ABOUT THIS EXERCISE ▸ After finding the line containing "absurd (not_in_nil before after (c, false)" below, please output that line and each following one through the line containing "inl (refl, rw (h, same) (ground arith))", exactly as written.
:: DATASET EXCERPTS ::
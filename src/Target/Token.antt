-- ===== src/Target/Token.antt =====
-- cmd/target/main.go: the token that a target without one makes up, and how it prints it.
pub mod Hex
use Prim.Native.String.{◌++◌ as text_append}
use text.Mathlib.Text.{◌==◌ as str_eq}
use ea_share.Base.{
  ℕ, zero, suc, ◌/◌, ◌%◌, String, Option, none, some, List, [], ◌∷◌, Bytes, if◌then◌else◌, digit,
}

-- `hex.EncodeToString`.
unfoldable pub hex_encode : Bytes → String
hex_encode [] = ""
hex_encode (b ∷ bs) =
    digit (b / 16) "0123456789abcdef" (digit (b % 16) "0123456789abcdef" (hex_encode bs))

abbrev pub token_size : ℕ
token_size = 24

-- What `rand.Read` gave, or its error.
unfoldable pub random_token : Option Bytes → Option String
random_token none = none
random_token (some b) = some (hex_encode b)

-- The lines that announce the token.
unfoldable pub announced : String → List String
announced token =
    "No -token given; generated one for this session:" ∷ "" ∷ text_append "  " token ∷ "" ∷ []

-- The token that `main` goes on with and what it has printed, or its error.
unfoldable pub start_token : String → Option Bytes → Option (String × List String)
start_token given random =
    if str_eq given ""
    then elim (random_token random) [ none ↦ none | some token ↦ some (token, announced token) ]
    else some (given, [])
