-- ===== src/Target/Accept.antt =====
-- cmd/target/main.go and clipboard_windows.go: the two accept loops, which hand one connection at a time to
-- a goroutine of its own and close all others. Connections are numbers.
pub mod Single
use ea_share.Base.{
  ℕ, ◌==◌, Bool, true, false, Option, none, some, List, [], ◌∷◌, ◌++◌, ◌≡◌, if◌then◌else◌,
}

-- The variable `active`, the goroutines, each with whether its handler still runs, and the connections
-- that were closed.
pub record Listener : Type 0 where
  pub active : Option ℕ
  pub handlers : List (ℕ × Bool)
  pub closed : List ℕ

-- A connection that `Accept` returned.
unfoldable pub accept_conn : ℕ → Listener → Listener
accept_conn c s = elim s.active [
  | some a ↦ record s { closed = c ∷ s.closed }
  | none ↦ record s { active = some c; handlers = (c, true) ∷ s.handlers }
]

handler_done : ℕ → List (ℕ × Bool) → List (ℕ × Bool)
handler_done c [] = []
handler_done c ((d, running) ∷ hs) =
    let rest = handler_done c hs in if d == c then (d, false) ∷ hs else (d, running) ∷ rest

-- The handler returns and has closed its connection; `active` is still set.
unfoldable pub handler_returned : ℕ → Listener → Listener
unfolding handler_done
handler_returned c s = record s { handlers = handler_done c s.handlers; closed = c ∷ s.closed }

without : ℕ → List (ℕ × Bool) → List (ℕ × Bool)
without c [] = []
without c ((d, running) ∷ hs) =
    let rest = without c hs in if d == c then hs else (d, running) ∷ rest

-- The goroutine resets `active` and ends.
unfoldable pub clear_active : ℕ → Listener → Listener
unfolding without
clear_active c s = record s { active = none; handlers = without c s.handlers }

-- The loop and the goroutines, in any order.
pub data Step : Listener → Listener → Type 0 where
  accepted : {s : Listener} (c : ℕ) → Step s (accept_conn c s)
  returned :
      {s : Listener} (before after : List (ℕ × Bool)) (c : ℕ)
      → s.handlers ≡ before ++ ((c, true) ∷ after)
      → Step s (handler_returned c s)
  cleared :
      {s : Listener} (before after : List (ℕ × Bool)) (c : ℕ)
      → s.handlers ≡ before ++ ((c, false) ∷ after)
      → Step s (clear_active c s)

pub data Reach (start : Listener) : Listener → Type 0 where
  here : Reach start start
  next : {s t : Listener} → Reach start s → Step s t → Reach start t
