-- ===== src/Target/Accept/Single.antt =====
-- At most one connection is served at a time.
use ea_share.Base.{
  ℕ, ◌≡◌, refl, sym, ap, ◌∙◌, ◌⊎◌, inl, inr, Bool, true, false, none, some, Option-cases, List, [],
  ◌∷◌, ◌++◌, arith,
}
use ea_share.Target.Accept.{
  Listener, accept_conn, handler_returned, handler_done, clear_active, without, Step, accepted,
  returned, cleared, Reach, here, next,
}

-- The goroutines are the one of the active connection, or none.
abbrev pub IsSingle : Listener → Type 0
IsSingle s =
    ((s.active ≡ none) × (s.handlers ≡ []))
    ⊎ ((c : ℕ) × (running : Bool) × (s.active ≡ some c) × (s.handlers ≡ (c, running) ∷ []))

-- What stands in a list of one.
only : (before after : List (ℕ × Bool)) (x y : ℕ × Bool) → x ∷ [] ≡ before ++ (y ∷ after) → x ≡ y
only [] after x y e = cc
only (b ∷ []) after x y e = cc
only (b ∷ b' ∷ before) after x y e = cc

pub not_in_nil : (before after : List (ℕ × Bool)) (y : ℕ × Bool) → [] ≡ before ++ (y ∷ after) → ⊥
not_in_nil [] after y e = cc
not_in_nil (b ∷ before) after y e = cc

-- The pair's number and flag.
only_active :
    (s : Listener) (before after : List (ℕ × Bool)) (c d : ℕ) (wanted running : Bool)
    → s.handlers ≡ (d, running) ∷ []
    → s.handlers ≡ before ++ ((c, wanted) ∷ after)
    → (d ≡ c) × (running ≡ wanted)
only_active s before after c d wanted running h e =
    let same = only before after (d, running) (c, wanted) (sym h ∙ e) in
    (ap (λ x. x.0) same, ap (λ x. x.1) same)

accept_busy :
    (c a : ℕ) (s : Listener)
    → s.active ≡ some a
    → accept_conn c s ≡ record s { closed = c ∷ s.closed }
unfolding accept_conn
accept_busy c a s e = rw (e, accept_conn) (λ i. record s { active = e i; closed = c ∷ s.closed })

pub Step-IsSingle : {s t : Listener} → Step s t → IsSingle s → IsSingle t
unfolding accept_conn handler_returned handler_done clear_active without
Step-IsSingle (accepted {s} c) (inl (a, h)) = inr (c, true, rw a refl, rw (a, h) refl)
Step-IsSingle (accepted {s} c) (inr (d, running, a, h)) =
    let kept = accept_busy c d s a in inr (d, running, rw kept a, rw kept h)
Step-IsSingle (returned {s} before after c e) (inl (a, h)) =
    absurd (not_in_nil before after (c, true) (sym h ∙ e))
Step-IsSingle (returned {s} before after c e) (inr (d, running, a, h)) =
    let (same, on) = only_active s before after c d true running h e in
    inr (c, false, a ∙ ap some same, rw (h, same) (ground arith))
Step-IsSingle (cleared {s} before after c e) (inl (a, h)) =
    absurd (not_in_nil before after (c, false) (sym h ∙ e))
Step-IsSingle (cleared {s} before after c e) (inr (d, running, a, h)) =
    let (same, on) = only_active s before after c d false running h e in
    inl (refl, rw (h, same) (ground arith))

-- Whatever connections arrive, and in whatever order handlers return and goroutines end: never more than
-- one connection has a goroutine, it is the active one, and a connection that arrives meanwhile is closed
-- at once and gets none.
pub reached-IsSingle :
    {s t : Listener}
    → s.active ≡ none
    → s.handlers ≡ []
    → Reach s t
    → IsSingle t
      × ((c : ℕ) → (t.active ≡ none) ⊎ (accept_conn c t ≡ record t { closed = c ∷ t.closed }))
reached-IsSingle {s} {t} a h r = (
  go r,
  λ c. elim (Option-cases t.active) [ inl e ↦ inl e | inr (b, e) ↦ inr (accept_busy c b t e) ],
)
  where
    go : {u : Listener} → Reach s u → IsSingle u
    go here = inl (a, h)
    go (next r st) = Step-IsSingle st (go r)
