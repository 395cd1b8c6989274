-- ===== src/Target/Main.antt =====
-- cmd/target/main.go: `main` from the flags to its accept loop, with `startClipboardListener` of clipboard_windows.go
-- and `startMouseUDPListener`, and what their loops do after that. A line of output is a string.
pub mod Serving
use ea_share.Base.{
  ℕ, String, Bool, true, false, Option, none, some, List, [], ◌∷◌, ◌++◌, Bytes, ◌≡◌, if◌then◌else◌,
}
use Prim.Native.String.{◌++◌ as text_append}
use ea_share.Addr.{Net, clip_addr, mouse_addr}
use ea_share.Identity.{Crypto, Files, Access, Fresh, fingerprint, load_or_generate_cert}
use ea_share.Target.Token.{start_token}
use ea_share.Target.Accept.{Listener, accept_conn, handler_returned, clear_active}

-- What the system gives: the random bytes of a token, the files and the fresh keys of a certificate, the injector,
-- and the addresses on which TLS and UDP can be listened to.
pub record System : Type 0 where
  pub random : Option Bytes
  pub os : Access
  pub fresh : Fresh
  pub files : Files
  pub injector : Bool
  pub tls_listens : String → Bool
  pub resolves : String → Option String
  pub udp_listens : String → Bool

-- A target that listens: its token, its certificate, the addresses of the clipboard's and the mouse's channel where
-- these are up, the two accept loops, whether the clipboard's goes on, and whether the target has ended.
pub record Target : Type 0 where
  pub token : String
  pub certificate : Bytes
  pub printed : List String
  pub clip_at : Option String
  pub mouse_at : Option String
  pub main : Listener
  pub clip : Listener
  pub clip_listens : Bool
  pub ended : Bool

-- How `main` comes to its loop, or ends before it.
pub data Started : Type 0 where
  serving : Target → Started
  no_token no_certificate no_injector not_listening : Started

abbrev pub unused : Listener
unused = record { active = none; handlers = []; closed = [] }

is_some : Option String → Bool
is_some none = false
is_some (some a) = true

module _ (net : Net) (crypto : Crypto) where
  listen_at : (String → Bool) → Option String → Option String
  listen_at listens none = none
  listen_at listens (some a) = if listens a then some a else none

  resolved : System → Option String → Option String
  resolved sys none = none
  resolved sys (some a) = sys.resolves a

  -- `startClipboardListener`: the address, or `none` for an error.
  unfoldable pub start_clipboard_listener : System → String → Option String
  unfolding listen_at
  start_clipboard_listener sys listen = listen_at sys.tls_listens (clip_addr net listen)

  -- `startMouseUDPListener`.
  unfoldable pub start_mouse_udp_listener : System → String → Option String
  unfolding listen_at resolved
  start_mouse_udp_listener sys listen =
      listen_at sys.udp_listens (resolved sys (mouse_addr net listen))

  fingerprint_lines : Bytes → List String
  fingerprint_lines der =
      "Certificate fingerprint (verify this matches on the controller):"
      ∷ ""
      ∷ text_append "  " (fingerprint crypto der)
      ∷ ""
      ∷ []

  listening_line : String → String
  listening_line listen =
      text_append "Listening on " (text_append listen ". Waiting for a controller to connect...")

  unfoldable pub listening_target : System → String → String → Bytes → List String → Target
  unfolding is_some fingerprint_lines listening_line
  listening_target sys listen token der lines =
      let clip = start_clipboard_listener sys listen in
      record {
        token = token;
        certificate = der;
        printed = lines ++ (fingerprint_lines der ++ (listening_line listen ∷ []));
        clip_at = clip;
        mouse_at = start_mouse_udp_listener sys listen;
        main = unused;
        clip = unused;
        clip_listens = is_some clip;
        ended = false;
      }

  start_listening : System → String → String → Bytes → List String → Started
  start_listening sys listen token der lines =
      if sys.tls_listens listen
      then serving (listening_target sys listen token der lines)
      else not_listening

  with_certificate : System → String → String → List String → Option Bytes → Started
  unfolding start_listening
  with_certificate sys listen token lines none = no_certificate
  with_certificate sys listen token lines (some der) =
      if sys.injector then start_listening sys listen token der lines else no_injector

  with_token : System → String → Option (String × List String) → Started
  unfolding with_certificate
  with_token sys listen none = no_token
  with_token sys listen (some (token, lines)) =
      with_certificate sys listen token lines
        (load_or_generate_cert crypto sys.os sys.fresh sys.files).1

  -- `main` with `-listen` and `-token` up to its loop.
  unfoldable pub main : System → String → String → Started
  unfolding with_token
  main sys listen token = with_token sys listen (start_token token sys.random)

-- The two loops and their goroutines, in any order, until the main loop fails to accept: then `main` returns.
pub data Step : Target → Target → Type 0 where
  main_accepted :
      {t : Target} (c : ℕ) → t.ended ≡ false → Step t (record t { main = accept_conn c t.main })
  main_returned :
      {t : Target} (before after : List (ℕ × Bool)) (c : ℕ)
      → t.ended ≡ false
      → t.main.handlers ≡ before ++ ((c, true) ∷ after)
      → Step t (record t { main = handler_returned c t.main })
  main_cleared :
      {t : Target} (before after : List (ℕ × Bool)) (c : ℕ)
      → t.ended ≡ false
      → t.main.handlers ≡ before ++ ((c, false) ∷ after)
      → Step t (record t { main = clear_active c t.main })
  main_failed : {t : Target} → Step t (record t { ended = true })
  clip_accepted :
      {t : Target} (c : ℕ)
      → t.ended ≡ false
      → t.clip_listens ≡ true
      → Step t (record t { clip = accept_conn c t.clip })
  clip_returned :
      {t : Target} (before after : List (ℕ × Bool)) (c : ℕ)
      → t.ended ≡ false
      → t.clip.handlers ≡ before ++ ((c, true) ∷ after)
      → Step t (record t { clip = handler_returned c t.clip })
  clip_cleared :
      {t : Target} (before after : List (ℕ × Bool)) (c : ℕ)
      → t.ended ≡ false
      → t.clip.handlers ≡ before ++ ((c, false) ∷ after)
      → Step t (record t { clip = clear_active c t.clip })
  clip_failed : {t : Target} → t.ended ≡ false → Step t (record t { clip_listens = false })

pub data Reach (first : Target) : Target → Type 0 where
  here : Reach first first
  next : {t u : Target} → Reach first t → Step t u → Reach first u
:::
OUTPUT FOR THIS EXERCISE ▸
    absurd (not_in_nil before after (c, false) (sym h ∙ e))
Step-IsSingle (cleared {s} before after c e) (inr (d, running, a, h)) =
    let (same, on) = only_active s before after c d false running h e in
    inl (refl, rw (h, same) (ground arith))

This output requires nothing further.